To Enhance Greater Productivity: Several Disabled Farmers Acquire New Farming Techniques

In a bid to enhance greater productivity in the agricultural sector and to conserve biodiversity, over 40 disabled farmers under the banner of the Mission for Hope  for the Disabled (MHD) have been trained in new farming techniques.

The one-day training, which was held at the compound of MHD in Paynesville, outside Monrovia, was conducted by the National Action for Economic Empowerment and Development (NAFEED) with support from the United Nations Development Program (UNDP) under its Green Climate Fund Small Grant Project (GCF-SG)).

The program is intended to promote physically challenged (disabled) farmers’ participation in biodiversity conservation in rural communities.

Speaking to reporters following the training, the Program Manager of NAFEED, Madam Jenneh Korlison, noted that the program of NAFEED is intended to build the capacity of disabled in growing their crops and vegetables through organic approach, rather than using chemicals that tend to destroy their crops and post danger to humans.

According to her, the program is a means of helping disabled farmers to make livelihood through a sustainable development plan.

“It is intended to help farmers make livelihood through sustainable means of the soil. We are having this training to educate farmers, especially the disabled to learn new techniques, so that they will graduate from those poor practices of use of chemical fertilizer and pesticides, which causes bio-diversity degradation,” she stated.

“Those chemicals that we use cause serious harm on the soil and the plants as well as we, humans. This training is all about educating the people in using local resources that are available in the environment such as the feces of pigs, cows, and others. This will in fact, reduce production cost and disease outbreak,” she explained.

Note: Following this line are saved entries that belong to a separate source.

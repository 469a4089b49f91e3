-- ===== src/Machine.antt =====
-- sm.c: the state machine of the whole system.
pub mod Step
pub mod Requests
pub mod Diagram
pub mod Ends
pub mod Change
mod Examples
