-- ===== src/Machine/Step.antt =====
-- sm.c: `sm_step`, the switch on the state and its loop.
use finit.Prelude.{
  ℕ, zero, suc, Bool, true, false, not, ◌&&◌, ◌||◌, ◌==◌, List, [], ◌∷◌, ◌++◌, Option, none, some,
  ℤ, pos, negsuc, leb_ℤ, eq_ℤ, if◌then◌else◌,
}

-- `sm_state_t`
pub data SmState : Type 0 where
  bootstrapping bootstrap_wait running runlevel_change runlevel_wait runlevel_clean : SmState
  reload_change reload_wait reload_clean : SmState

-- The masks of service types that `service_step_all` is called with.
pub data Types : Type 0 where
  any boot_types respawn_types : Types

pub data Hook : Type 0 where
  system_up shutdown change_runlevel svc_reconf svc_up : Hook

-- `shutop_t`, as far as this file sets it
pub data Halt : Type 0 where
  shut_off shut_reboot : Halt

-- What the machine does to the rest of the system, in order.
pub data Effect : Type 0 where
  service_step_all : Types → Effect
  bootstrap_condition : Effect
  console_watcher_start console_watcher_stop : Effect
  run_hooks : Hook → Effect
  progress_off : Effect
  notify_runlevel : ℤ → ℤ → Effect
  shutdown_wdt_start shutdown_wdt_stop : Effect
  api_exit log_exit : Effect
  runlevel_set : ℤ → ℤ → Effect
  touch_nologin erase_nologin : Effect
  conf_reload conf_flush_events : Effect
  runtask_clean : Effect
  cgroup_prune : Effect
  svc_clean_dynamic : Effect
  rc_local : Effect
  do_shutdown : Halt → Effect
  cond_reload devmon_reconf notify_reconf notify_reload : Effect
  networking : Bool → Effect
  log_incomplete svc_prune_bootstrap : Effect
  reschedule_bootstrap : Effect

-- The variable `sm`, the globals that go with it, and the effects so far.
pub record Machine : Type 0 where
  pub state : SmState
  pub newlevel : ℤ
  pub reload : Bool
  pub in_reload : Bool
  pub skip_bootstrap : Bool
  pub runlevel : ℤ
  pub prevlevel : ℤ
  pub cfglevel : ℤ
  pub cmdlevel : ℤ
  pub bootstrap : Bool
  pub rescue : Bool
  pub halt : Halt
  pub log : List Effect

-- What the rest of the system answers in one pass: all stopped services are collected
-- (`svc_stop_completed` is NULL), all post: and cleanup: scripts are (`svc_clean_completed` is NULL),
-- some .conf file changed, and the program was built with an rc.local.
pub record Answers : Type 0 where
  pub stop_completed : Bool
  pub clean_completed : Bool
  pub conf_changed : Bool
  pub has_rc_local : Bool

abbrev pub emits : List Effect → Machine → Machine
emits fs m = record m { log = m.log ++ fs }

-- `INIT_LEVEL`, the runlevel S
abbrev pub init_level : ℤ
init_level = pos 10

abbrev pub no_level : ℤ
no_level = negsuc 0

-- Runlevels 0 and 6, and those with S.
abbrev pub is_shutdown : ℤ → Bool
is_shutdown l = eq_ℤ l (pos 0) || eq_ℤ l (pos 6)

abbrev pub is_reserved : ℤ → Bool
is_reserved l = eq_ℤ l (pos 0) || eq_ℤ l (pos 6) || eq_ℤ l init_level

-- `nologin`
nologin : Machine → List Effect
nologin m =
    (if eq_ℤ m.runlevel (pos 1) || is_reserved m.runlevel then touch_nologin ∷ [] else [])
    ++ (if eq_ℤ m.prevlevel (pos 1) || is_reserved m.prevlevel then erase_nologin ∷ [] else [])

unfoldable pub step_bootstrap : Machine → Machine
step_bootstrap m =
    emits (service_step_all boot_types ∷ console_watcher_start ∷ [])
      (record m { state = bootstrap_wait })

unfoldable pub step_bootstrap_wait : Machine → Machine
step_bootstrap_wait m0 =
    let m = emits (service_step_all any ∷ bootstrap_condition ∷ []) m0 in
    if eq_ℤ m.newlevel no_level
    then m
    else emits
        (console_watcher_stop
          ∷ run_hooks system_up
          ∷ service_step_all any
          ∷ progress_off
          ∷ service_step_all respawn_types
          ∷ [])
        (record m { bootstrap = false; state = running })

unfoldable pub step_running : Machine → Machine
step_running m0 =
    let m = emits (service_step_all any ∷ []) m0 in
    if leb_ℤ (pos 0) m.newlevel && leb_ℤ m.newlevel (pos 9)
    then (if eq_ℤ m.runlevel m.newlevel
        then record m { newlevel = no_level }
        else record m { state = runlevel_change })
    else if m.reload
    then record m { reload = false; state = reload_change }
    else m

-- What is done on the way down, before the services are stopped.
leave_for_shutdown : ℤ → List Effect
leave_for_shutdown level =
    if is_shutdown level
    then shutdown_wdt_start ∷ api_exit ∷ log_exit ∷ run_hooks shutdown ∷ []
    else []

unfoldable pub step_runlevel_change : Answers → Machine → Machine
unfolding nologin leave_for_shutdown
step_runlevel_change a m0 =
    let m = record m0 { prevlevel = m0.runlevel; runlevel = m0.newlevel; newlevel = no_level } in
    emits
      (notify_runlevel m.prevlevel m.runlevel
        ∷ (leave_for_shutdown m.runlevel
            ++ (runlevel_set m.prevlevel m.runlevel
                ∷ (nologin m
                    ++ ((if not (is_shutdown m.runlevel) && a.conf_changed
                          then conf_reload ∷ []
                          else [])
                        ++ (runtask_clean ∷ service_step_all any ∷ []))))))
      (record m { in_reload = true; state = runlevel_wait })

unfoldable pub step_runlevel_wait : Answers → Machine → Machine
step_runlevel_wait a m =
    if not a.stop_completed
    then m
    else emits (run_hooks change_runlevel ∷ cgroup_prune ∷ service_step_all any ∷ [])
        (record m { in_reload = false; state = runlevel_clean })

unfoldable pub step_runlevel_clean : Answers → Machine → Machine
step_runlevel_clean a m =
    if not a.clean_completed
    then m
    else emits
        (svc_clean_dynamic
          ∷ ((if a.has_rc_local && eq_ℤ m.prevlevel init_level && not m.rescue
                then rc_local ∷ []
                else [])
              ++ (if is_shutdown m.runlevel
                  then shutdown_wdt_stop ∷ do_shutdown m.halt ∷ []
                  else [])))
        (record m { state = running })

unfoldable pub step_reload_change : Machine → Machine
step_reload_change m =
    emits (conf_reload ∷ runtask_clean ∷ service_step_all any ∷ cond_reload ∷ [])
      (record m { in_reload = true; state = reload_wait })

unfoldable pub step_reload_wait : Answers → Machine → Machine
step_reload_wait a m =
    if not a.stop_completed
    then m
    else emits (service_step_all any ∷ []) (record m { in_reload = false; state = reload_clean })

unfoldable pub step_reload_clean : Answers → Machine → Machine
step_reload_clean a m =
    if not a.clean_completed
    then m
    else emits
        (svc_clean_dynamic
          ∷ service_step_all any
          ∷ run_hooks svc_reconf
          ∷ service_step_all any
          ∷ devmon_reconf
          ∷ service_step_all any
          ∷ notify_reconf
          ∷ service_step_all any
          ∷ notify_reload
          ∷ [])
        (record m { state = running })

-- One pass of the switch.
unfoldable pub pass_in : SmState → Answers → Machine → Machine
pass_in bootstrapping a m = step_bootstrap m
pass_in bootstrap_wait a m = step_bootstrap_wait m
pass_in running a m = step_running m
pass_in runlevel_change a m = step_runlevel_change a m
pass_in runlevel_wait a m = step_runlevel_wait a m
pass_in runlevel_clean a m = step_runlevel_clean a m
pass_in reload_change a m = step_reload_change m
pass_in reload_wait a m = step_reload_wait a m
pass_in reload_clean a m = step_reload_clean a m

unfoldable pub pass : Answers → Machine → Machine
pass a m = pass_in m.state a m

abbrev pub number : SmState → ℕ
number bootstrapping = 0
number bootstrap_wait = 1
number running = 2
number runlevel_change = 3
number runlevel_wait = 4
number runlevel_clean = 5
number reload_change = 6
number reload_wait = 7
number reload_clean = 8

abbrev pub same_state : SmState → SmState → Bool
same_state s t = number s == number t

-- `goto restart` while the state changes; `answers f` are given in the pass that leaves fuel `f`, and
-- `none` means that the fuel ran out.
unfoldable pub sm_step : (ℕ → Answers) → ℕ → Machine → Option Machine
sm_step answers zero m = none
sm_step answers (suc f) m =
    let m1 = pass (answers f) m in
    let rest = sm_step answers f m1 in if same_state m1.state m.state then some m1 else rest
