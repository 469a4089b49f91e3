-- ===== src/Machine/Change.antt =====
-- A requested runlevel is reached, and the system goes down only at the end of a shutdown.
use finit.Prelude.{
  Bool, true, false, ◌&&◌, ◌≡◌, refl, ◌∙◌, ℕ, suc, ◌+◌, ◌≤◌, arith, some, List, [], ◌∷◌, ◌++◌, ℤ,
  pos, eq_ℤ, if◌then◌else◌,
}
use finit.Machine.Step.{
  SmState, bootstrapping, bootstrap_wait, running, runlevel_change, runlevel_wait, runlevel_clean,
  reload_change, reload_wait, reload_clean, Effect, do_shutdown, Machine, Answers, no_level,
  is_shutdown, pass, pass_in, step_bootstrap, step_bootstrap_wait, step_running,
  step_runlevel_change, step_runlevel_wait, step_runlevel_clean, step_reload_change,
  step_reload_wait, step_reload_clean, same_state, sm_step,
}

-- How often the system was told to go down.
abbrev pub shutdowns : List Effect → ℕ
shutdowns [] = 0
shutdowns (f ∷ fs) = elim f [ do_shutdown _ ↦ suc (shutdowns fs) | _ ↦ shutdowns fs ]

shutdowns-append : (xs ys : List Effect) → shutdowns (xs ++ ys) ≡ shutdowns xs + shutdowns ys
shutdowns-append [] ys = omega arith
shutdowns-append (x ∷ xs) ys = ground (arith, shutdowns-append xs ys)

abbrev is_clean : SmState → Bool
is_clean runlevel_clean = true
is_clean _ = false

shutdowns-pass_in :
    (s : SmState) (a : Answers) (m : Machine)
    → shutdowns (pass_in s a m).log
      ≡ shutdowns m.log
        + (if is_clean s && (a.clean_completed && is_shutdown m.runlevel) then 1 else 0)
unfolding pass_in step_bootstrap step_bootstrap_wait step_running step_runlevel_change
    step_runlevel_wait step_runlevel_clean step_reload_change step_reload_wait step_reload_clean
shutdowns-pass_in bootstrapping a m = grind (arith, shutdowns-append)
shutdowns-pass_in bootstrap_wait a m = grind (arith, shutdowns-append)
shutdowns-pass_in running a m = grind (arith, shutdowns-append)
shutdowns-pass_in runlevel_change a m = grind (arith, shutdowns-append)
shutdowns-pass_in runlevel_wait a m = grind (arith, shutdowns-append)
shutdowns-pass_in runlevel_clean a m = grind (arith, shutdowns-append)
shutdowns-pass_in reload_change a m = grind (arith, shutdowns-append)
shutdowns-pass_in reload_wait a m = grind (arith, shutdowns-append)
shutdowns-pass_in reload_clean a m = grind (arith, shutdowns-append)

-- A pass takes the system down at most once, and does so exactly at the end of a change to runlevel
-- 0 or 6, when all post: and cleanup: scripts are collected.
pub shutdowns-pass :
    (a : Answers) (m : Machine)
    → shutdowns (pass a m).log
      ≡ shutdowns m.log
        + (if is_clean m.state && (a.clean_completed && is_shutdown m.runlevel) then 1 else 0)
unfolding pass
shutdowns-pass a m = shutdowns-pass_in m.state a m

step_on :
    (answers : ℕ → Answers) (f : ℕ) (m : Machine)
    → same_state (pass (answers f) m).state m.state ≡ false
    → sm_step answers (suc f) m ≡ sm_step answers f (pass (answers f) m)
unfolding sm_step
step_on answers f m h = rw h refl

step_last :
    (answers : ℕ → Answers) (f : ℕ) (m : Machine)
    → same_state (pass (answers f) m).state m.state ≡ true
    → sm_step answers (suc f) m ≡ some (pass (answers f) m)
unfolding sm_step
step_last answers f m h = rw h refl

-- The state of a machine without a request, its runlevel and the one before.
abbrev pub Shape : SmState → Bool → ℤ → ℤ → Machine → Type 0
Shape s waiting level old m =
    (m.state ≡ s)
    × (m.in_reload ≡ waiting)
    × (m.runlevel ≡ level)
    × (m.prevlevel ≡ old)
    × (m.newlevel ≡ no_level)
    × (m.reload ≡ false)

-- All stopped services are collected at once, and so are their scripts.
abbrev pub AllCollected : (ℕ → Answers) → Type 0
AllCollected answers =
    (k : ℕ) → ((answers k).stop_completed ≡ true) × ((answers k).clean_completed ≡ true)

pass_running :
    (a : Answers) (m : Machine) (level old : ℤ)
    → Shape running false level old m
    → Shape running false level old (pass a m)
unfolding pass pass_in step_running
pass_running a m level old (s, w, l, o, n, r) = rw s (ground arith)

pass_clean :
    (a : Answers) (m : Machine) (level old : ℤ)
    → a.clean_completed ≡ true
    → Shape runlevel_clean false level old m
    → Shape running false level old (pass a m)
unfolding pass pass_in step_runlevel_clean
pass_clean a m level old c (s, w, l, o, n, r) = rw s (ground arith)

pass_wait :
    (a : Answers) (m : Machine) (level old : ℤ)
    → a.stop_completed ≡ true
    → Shape runlevel_wait true level old m
    → Shape runlevel_clean false level old (pass a m)
unfolding pass pass_in step_runlevel_wait
pass_wait a m level old c (s, w, l, o, n, r) = rw s (ground arith)

pass_change :
    (a : Answers) (m : Machine) (level old : ℤ)
    → m.runlevel ≡ old
    → m.state ≡ runlevel_change
    → m.newlevel ≡ level
    → m.reload ≡ false
    → Shape runlevel_wait true level old (pass a m)
unfolding pass pass_in step_runlevel_change
pass_change a m level old l s n r = rw s (ground arith)

pass_leave :
    (a : Answers) (m : Machine) (n : ℕ)
    → m.state ≡ running
    → m.newlevel ≡ pos n
    → n ≤ 9
    → eq_ℤ m.runlevel (pos n) ≡ false
    → ((pass a m).state ≡ runlevel_change)
      × ((pass a m).newlevel ≡ pos n)
      × ((pass a m).reload ≡ m.reload)
      × ((pass a m).runlevel ≡ m.runlevel)
unfolding pass pass_in step_running
pass_leave a m n s e b d = rw s (rw e (ground arith))

-- `sm_step` returns some machine with the property.
abbrev pub Returns : (ℕ → Answers) → ℕ → Machine → (Machine → Type 0) → Type 0
Returns answers f m P = (m' : Machine) × (sm_step answers f m ≡ some m') × P m'

pub Returns-step :
    (answers : ℕ → Answers) (f : ℕ) (m : Machine) (P : Machine → Type 0) (s t : SmState)
    → m.state ≡ s
    → (pass (answers f) m).state ≡ t
    → same_state t s ≡ false
    → Returns answers f (pass (answers f) m) P
    → Returns answers (suc f) m P
Returns-step answers f m P s t e e' d (m', r, p) = (m', step_on answers f m (rw e' (rw e d)) ∙ r, p)

reach_running :
    (answers : ℕ → Answers) (f : ℕ) (m : Machine) (level old : ℤ)
    → Shape running false level old m
    → Returns answers (suc f) m (Shape running false level old)
reach_running answers f m level old h =
    let h' = pass_running (answers f) m level old h in
    (pass (answers f) m, step_last answers f m (rw h'.0 (rw h.0 refl)), h')

reach_wait :
    (answers : ℕ → Answers) (f : ℕ) (m : Machine) (level old : ℤ)
    → AllCollected answers
    → Shape runlevel_wait true level old m
    → Returns answers (suc (suc (suc f))) m (Shape running false level old)
reach_wait answers f m level old c h =
    let h1 = pass_wait (answers (suc (suc f))) m level old (c (suc (suc f))).0 h in
    let m1 = pass (answers (suc (suc f))) m in
    let h2 = pass_clean (answers (suc f)) m1 level old (c (suc f)).1 h1 in
    Returns-step answers (suc (suc f)) m _ runlevel_wait runlevel_clean h.0 h1.0 refl (
      Returns-step answers (suc f) m1 _ runlevel_clean running h1.0 h2.0 refl
        (reach_running answers f (pass (answers (suc f)) m1) level old h2))

-- With no other request pending, a request for another of the runlevels 0 to 9 is carried out by one
-- `sm_step` of five passes if all services and their scripts are collected at once: the machine is
-- back in RUNNING, in that runlevel, with the old one remembered and no request left.
pub sm_step_reaches :
    (answers : ℕ → Answers) (f : ℕ) (m : Machine) (n : ℕ)
    → AllCollected answers
    → m.state ≡ running
    → m.newlevel ≡ pos n
    → n ≤ 9
    → eq_ℤ m.runlevel (pos n) ≡ false
    → m.reload ≡ false
    → Returns answers (suc (suc (suc (suc (suc f))))) m (Shape running false (pos n) m.runlevel)
sm_step_reaches answers f m n c s e b d r =
    let (s1, e1, r1, l1) = pass_leave (answers (suc (suc (suc (suc f))))) m n s e b d in
    let m1 = pass (answers (suc (suc (suc (suc f))))) m in
    let h2 = pass_change (answers (suc (suc (suc f)))) m1 (pos n) m.runlevel l1 s1 e1 (r1 ∙ r) in
    Returns-step answers (suc (suc (suc (suc f)))) m _ running runlevel_change s s1 refl (
      Returns-step answers (suc (suc (suc f))) m1 _ runlevel_change runlevel_wait s1 h2.0 refl
        (reach_wait answers f (pass (answers (suc (suc (suc f)))) m1) (pos n) m.runlevel c h2))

Madam Korlison said the organic way of farming is the ideal means of enhancing greater agricultural productivity in a sense that it creates a good environment for the ecosystem and helps the farmers to solve all production challenges.

“My message to Liberian farmers is that, they must prioritize the organic approach of farming because human is safe by this method. The organic pesticide can also be prepared from local resources as well,” she added.

In remarks, the Executive Director of MHD, Mr. Victor Wilson, indicated that the training provides great opportunity to disabled farmers through the acquisition of new knowledge.

Wilson stated that the training is an empowerment and sustainability plan for the disabled, who are already cultivating a farmland that was started by NAFEED.  

“I want to appreciate NAFEED very greatly for the training. They are really putting into place their plan. Whatever we learn here will remain with us. We will be able to manage a farm which they have started,” he said.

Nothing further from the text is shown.